Uncle Bill was an iconoclast in life and in death. Growing up, he resisted conventional paths – he was perceived as a difficult child. For me, he’s a difficult dead person: hard to pin down, hard to grieve, hard to let go of. His loss ripples out in silence. He is forever a specter of the past.
We grew up with whispers that Uncle Bill might still be alive – undercover, off-grid, maybe tangled in Cold War secrets. The Bermuda Triangle was as deliciously ominous as quicksand, or that urban legend about swallowing gum and it staying in your stomach for SEVEN YEARS. Our only idea of espionage came from Boris and Natasha on Rocky and Bullwinkle or Maxwell Smart and Agent 99 on Get Smart – all lovably inept spies who still seemed more plausible than the truth.
Long before Bill disappeared, my mom wrote a letter to her sister. In it, she wondered – half serious, half guessing, if Bill might be involved in ‘spy stuff’ at Fort Meade.
Years later, his old friend Dick Palmer sent a letter of his own, asking whether the family had ever considered that Bill’s disappearance wasn’t an accident at all? That maybe he was alive somewhere. Gone by choice.
A parent losing a child is universally tragic. But a brother? A sister? There’s a perceived hierarchy of grief. A parent’s loss of a child being the most difficult to bear. Did his siblings mourn him in the same way? Did they believe he was dead? Did they picture him alive somewhere, just not calling? An unspoken grief? Or a non-grief? Do they get casseroles? Sympathy cards? Or just a lifetime of wondering? Did Bill’s siblings pray for him, picture him somewhere far away, or quietly file him under ‘gone’? Was it unspoken grief – or a non-grief?

Did my mom grieve him? Did she remember him on June 28th, the date of his disappearance? On, February 24th, his birthday?
I don’t know what it’s like to lose a sibling. The closest I can get: my mom had four miscarriages. When I once asked if she’d taken DES – an old pregnancy drug with shadowy side effects – the subject came up. If she’d carried those babies to term, we’d have been seven kids instead of three. Four more siblings to estrange themselves from me. Siblings who never were, except in that strange math of grief. Nobody would ever ask, ‘Were you close?’ But they exist in the backdrop, in the what-if. A second psychic I spoke to (I know, I know…) said my mom appeared with those babies. ‘I’m glad they don’t just disappear,’ she said. Which sounds exactly like my mom.
The only way I can begin to understand is to talk to others who’d lost children … others who had lost siblings. Without a trace. I began my search.
My Aunt Jane’s dear friend, Jane Ashe, lost a daughter without a trace. She turned her grief into a book. FIREFLY, Ashley’s Light.

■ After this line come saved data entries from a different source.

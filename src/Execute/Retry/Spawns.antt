-- ===== src/Execute/Retry/Spawns.antt =====
-- execute.py: how many containers the attempts of a job start (`_run_cold_agent_with_retry`).
use aw_app_agents_platform_r.Prelude.{
  ℕ, zero, suc, ◌+◌, ◌≤◌, refl, Bool, true, false, Option, none, some, ℤ, arith, if◌then◌else◌,
}
use aw_app_agents_platform_r.Prelude.Texts.{Text, codes}
use aw_app_agents_platform_r.Execute.Outside.{Outside, result}
use aw_app_agents_platform_r.Execute.Registry.{Process}
use aw_app_agents_platform_r.Execute.Stream.{Reason, stream_cold_attempt}
use aw_app_agents_platform_r.Execute.Cooldown.{at_world}
use aw_app_agents_platform_r.Execute.Retry.{
  prepare, spawn_error, on_respawn, on_prepared, on_attempt, attempts_from,
  run_cold_agent_with_retry,
}
use aw_app_agents_platform_r.Execute.Frame.{Frame, view-publish_message, view-stream_cold_attempt}
use aw_app_agents_platform_r.Execute.Frame.Waits.{view-prepare}

-- The same calls, with the number of containers that were asked for.
abbrev pub counted : Outside → Outside
counted O = record {
  World = O.World × ℕ;
  Handle = O.Handle;
  json_dumps = O.json_dumps;
  json_loads = O.json_loads;
  rewrite_stream_line = λ t i w. let (v, a) = O.rewrite_stream_line t i w.0 in ((v, w.1), a);
  redis_get = λ k w. let (v, a) = O.redis_get k w.0 in ((v, w.1), a);
  redis_set = λ k t n w. let (v, a) = O.redis_set k t n w.0 in ((v, w.1), a);
  redis_delete = λ k w. let (v, a) = O.redis_delete k w.0 in ((v, w.1), a);
  redis_close = λ w. (O.redis_close w.0, w.1);
  xadd_line = λ k t w. let (v, a) = O.xadd_line k t w.0 in ((v, w.1), a);
  xadd_done = λ k c w. let (v, a) = O.xadd_done k c w.0 in ((v, w.1), a);
  expire = λ k n w. let (v, a) = O.expire k n w.0 in ((v, w.1), a);
  connect_engine = λ w. let (v, a) = O.connect_engine w.0 in ((v, w.1), a);
  get_container = λ n w. let (v, a) = O.get_container n w.0 in ((v, w.1), a);
  kill = λ h w. let (v, a) = O.kill h w.0 in ((v, w.1), a);
  remove = λ h w. let (v, a) = O.remove h w.0 in ((v, w.1), a);
  read_stderr = λ h w. let (v, a) = O.read_stderr h w.0 in ((v, w.1), a);
  logs = O.logs;
  wait = λ h w. let (v, a) = O.wait h w.0 in ((v, w.1), a);
  run_container = λ w. let (v, a) = O.run_container w.0 in ((v, suc w.1), a);
  monotonic = λ w. let (v, a) = O.monotonic w.0 in ((v, w.1), a);
  sleep = λ n w. (O.sleep n w.0, w.1);
  uniform = λ a b w. let (v, x) = O.uniform a b w.0 in ((v, w.1), x);
}

module _ (O : Outside) where
  abbrev N : Outside
  N = counted O

  abbrev frame : Frame N
  frame = record {
    View = ℕ;
    view = λ w. w.1;
    rewrite = λ i t w. refl;
    get = λ k w. refl;
    set = λ k t n w. refl;
    delete = λ k w. refl;
    line = λ k t w. refl;
    expired = λ k n w. refl;
    removed = λ h w. refl;
    stderr = λ h w. refl;
    waited = λ h w. refl;
    clock = λ w. refl;
    slept = λ n w. refl;
    random = λ a b w. refl;
  }

  on_attempt-le :
      (n : ℕ) (a : Option (ℤ × Option Reason)) (p : Process N.World)
      (again : ℤ → Reason → Process N.World × Option ℤ)
      → p.world.1 ≤ n
      → ((returncode : ℤ) (reason : Reason) → (again returncode reason).0.world.1 ≤ n)
      → (on_attempt N a p again).0.world.1 ≤ n
  unfolding on_attempt
  on_attempt-le n none p again le h = le
  on_attempt-le n (some (returncode, none)) p again le h = le
  on_attempt-le n (some (returncode, some reason)) p again le h = h returncode reason

  on_prepared-le :
      (n : ℕ) (q : Process N.World × Option Bool) (returncode : ℤ) (r : Text)
      (respawn : Process N.World → Process N.World × Option ℤ)
      → q.0.world.1 ≤ n
      → (respawn q.0).0.world.1 ≤ n
      → (on_prepared N q returncode r respawn).0.world.1 ≤ n
  unfolding on_prepared
  on_prepared-le n (p, none) returncode r respawn le h = le
  on_prepared-le n (p, some false) returncode r respawn le h = le
  on_prepared-le n (p, some true) returncode r respawn le h = h

  on_respawn-le :
      (n : ℕ) (h : Option O.Handle) (r : Text) (p : Process N.World)
      (attempts : O.Handle → Process N.World × Option ℤ)
      → p.world.1 ≤ n
      → ((x : O.Handle) → (attempts x).0.world.1 ≤ n)
      → (on_respawn N h r p attempts).0.world.1 ≤ n
  unfolding on_respawn spawn_error
  on_respawn-le n none r p attempts le more = omega (
    arith,
    le,
    view-publish_message N frame r
        (result (codes "spawn_error") (codes "runner failed to respawn container on retry: "))
        p.world,
  )
  on_respawn-le n (some x) r p attempts le more = more x

  attempts_from-le :
      (left attempt : ℕ) (cr : Bool) (h : O.Handle) (r : Text) (p : Process N.World)
      → (attempts_from N left attempt cr h r p).0.world.1 ≤ p.world.1 + left
  unfolding attempts_from
  attempts_from-le zero attempt cr h r p =
      let a = stream_cold_attempt N h r cr true p.world in
      let e = view-stream_cold_attempt N frame h r cr true p.world in
      on_attempt-le (p.world.1 + 0) a.1 (at_world N p a.0)
        (λ returncode reason. (at_world N p a.0, some returncode)) (omega (arith, e))
        (λ returncode reason. omega (arith, e))
  attempts_from-le (suc left) attempt cr h r p =
      let a = stream_cold_attempt N h r cr false p.world in
      let p1 = at_world N p a.0 in
      let e = view-stream_cold_attempt N frame h r cr false p.world in
      let n = p.world.1 + suc left in
      on_attempt-le n a.1 p1 _ (omega (arith, e)) (λ returncode reason.
        let q = prepare N reason (suc attempt) r p1 in
        let f = view-prepare N frame reason (suc attempt) r p1 in
        let s = N.run_container q.0.world in
        on_prepared-le n q returncode r _ (omega (arith, e, f)) (
          on_respawn-le n s.1 r (at_world N q.0 s.0) _ (omega (arith, e, f)) (λ x.
            omega (arith, e, f, attempts_from-le left (suc attempt) cr x r (at_world N q.0 s.0)))))

  -- Behind the container that is running already, a job of Codex starts at most two more containers,
  -- and any other job none, whatever the calls answer.
  pub run_cold_agent_with_retry-spawns :
      (cr : Bool) (h : O.Handle) (run_id : Text) (p : Process N.World)
      → (run_cold_agent_with_retry N cr h run_id p).0.world.1 ≤ p.world.1 + (if cr then 2 else 0)
  unfolding run_cold_agent_with_retry
  run_cold_agent_with_retry-spawns true h run_id p = attempts_from-le 2 1 true h run_id p
  run_cold_agent_with_retry-spawns false h run_id p = attempts_from-le 0 1 false h run_id p
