-- ===== src/Execute/Sample.antt =====
-- An outside world to run execute.py in: a Redis, a clock, and an engine with one container.
use aw_app_agents_platform_r.Prelude.{
  ℕ, ◌+◌, ◌≡◌, refl, true, false, Option, none, some, List, [], ◌∷◌, ◌++◌, if◌then◌else◌, pos,
  arith,
}
use aw_app_agents_platform_r.Prelude.Texts.{Text, codes, text_eq, text_eq_refl}
use aw_app_agents_platform_r.Execute.Outside.{Outside, not_json, object}
use aw_app_agents_platform_r.Execute.Registry.{Process}
use aw_app_agents_platform_r.Execute.Registry.Keys.{LawfulRedis}
use aw_app_agents_platform_r.Execute.Cooldown.Bounds.{Clock}
use aw_app_agents_platform_r.Execute.Job.{Job, Host, warm_full}

pub record Bench : Type 0 where
  pub keys : Text → Option Text
  pub clock : ℕ
  pub lines : List Text

-- A container's log is the text that is its handle, in two chunks that cut a line; every exit is 1.
abbrev pub bench : Outside
bench = record {
  World = Bench;
  Handle = Text;
  json_dumps = λ m. codes "{}";
  json_loads = λ t.
      (if text_eq t (codes "429")
        then object (some (codes "error")) (some (codes "exceeded retry limit 429"))
        else not_json);
  rewrite_stream_line = λ t i w. (w, none);
  redis_get = λ k w. (w, some (w.keys k));
  redis_set =
      λ k v n w. (record w { keys = λ j. (if text_eq j k then some v else w.keys j) }, true);
  redis_delete = λ k w. (record w { keys = λ j. (if text_eq j k then none else w.keys j) }, true);
  redis_close = λ w. w;
  xadd_line = λ k t w. (record w { lines = w.lines ++ t ∷ [] }, true);
  xadd_done = λ k c w. (w, true);
  expire = λ k n w. (w, true);
  connect_engine = λ w. (w, true);
  get_container = λ n w. (w, (if text_eq n (codes "aw-runner-run-r1") then some n else none));
  kill = λ h w. (w, true);
  remove = λ h w. (w, true);
  read_stderr = λ h w. (w, some (codes "warning"));
  logs = λ h. (h ∷ (codes "ed" ++ 10 ∷ codes "429") ∷ [], false);
  wait = λ h w. (w, some (pos 1));
  run_container = λ w. (w, some (codes "thread.start"));
  monotonic = λ w. (w, w.clock);
  sleep = λ d w. record w { clock = w.clock + d };
  uniform = λ a b w. (w, a);
}

abbrev pub start : Bench
start = record { keys = λ k. none; clock = 5; lines = [] }

abbrev pub fresh : Process Bench
fresh = record { names = []; aborted = []; world = start }

abbrev pub bench_redis : LawfulRedis bench
bench_redis = record {
  stored = λ w k. w.keys k;
  stored-set = λ k v n w h. set_own k (some v) (w.keys k);
  stored-delete = λ k w h. set_own k none (w.keys k);
  get_stored = λ k v w h. got v (w.keys k) h;
}
  where
    set_own : (k : Text) (v o : Option Text) → (if text_eq k k then v else o) ≡ v
    set_own k v o = rw (text_eq_refl k) refl

    got : (v o : Option Text) → some o ≡ some v → v ≡ o
    got v o h = cc h

abbrev pub bench_clock : Clock bench
bench_clock = record {
  now = λ w. w.clock;
  monotonic_now = λ w. refl;
  monotonic_le = λ w. omega arith;
  get_le = λ k w. omega arith;
  sleep_le = λ d w. omega arith;
}

-- A pool of warm containers that is full.
abbrev pub full_host : Host bench
full_host = record {
  warm_enabled = true;
  uuid4 = λ w. (w, codes "u-1");
  materialise_inbound = λ j w. (w, none);
  pull_warm = λ j w. (w, true);
  acquire = λ j w. (w, warm_full);
  feed_turn = λ j n w. (w, true);
  maybe_reap = λ w. w;
  prepare_cold = λ j w. (w, true);
  container_name = λ h. codes "aw-runner-run-r1";
  container_logs = λ h w. (w, some (codes "out"));
  start_timer = λ h n w. w;
  cancel_timer = λ w. w;
  index_start = λ r w. w;
  index_start_after_done = λ r w. w;
}

abbrev pub first_turn : Job
first_turn = record {
  run_id = codes "r1";
  cli = none;
  agent_id = some (codes "a1");
  session_id = none;
  prompt = codes "hi";
  workspace_access = false;
  one_shot = false;
  new_session = false;
  warm_minted_session = false;
  raw_command = false;
  timeout_seconds = none;
}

I re-read it, looking for clues to a mother’s grief experience. Jane so immersed herself in work and “cheerful compartmentalization” that, a year after her daughter’s death, a coworker remarked that by the way she behaved, she would have never known anything had happened.
Later, I asked Jane how that comment made her feel? “Proud.” was her answer.
In the book The Loss of a Lifetime:

Lynn L. Shattuck – in the Editor’s note says, “My mom confessed she sometimes thought my brother was in the witness protection program, alive and hiding.” Jane Ashe believed her daughter was still alive – for a time. This still-being-alive-after-death seems to be a common thread among the grieving. (Might this be the way Bill’s siblings were thinking? Like, he’s a spy and living somewhere? That’s what rubbed off on us kids?)
This month has been a month of magical sky watching and pie making. Cosmic dust and flour dust. There’s a hint of wood smoke in the night air. The stars, scattered like sugar from a careless hand.

When I look at the stars and count the satellites (my record is 70 in one night!) I can’t help but wonder at the “now” of it all. They’re the same stars as always, just with satellites doing a stellar chronomarch in front of them, vying for my attention – and getting it. The people who have passed aren’t gone. They’re simply written in a language I’m still learning. Other nights, the haze blocks my universe. Steam rises from the water. I hang over the edge of the hot tub, eyes turned to the night sky. Pinpricks of mist touch my back. These cold portents are the stars tonight? Grief isn’t linear but orbital. Like a planet that keeps swinging back into my nights.

I started to wonder how many people out there were living with that kind of not-knowing. Not dead. Not alive. Just gone.
Angela’s story, and her DNA test back in installment #20, now shimmer with more meaning. Her son vanished – different era, different context, but the same aching silence. Soon, we’ll go deeper into her story. She’s recently met family who never knew she existed – people she’s wondered about all her life. I wonder what it’s like to fill in blanks where your story should have been. I wonder if that’s what we’re all trying to do.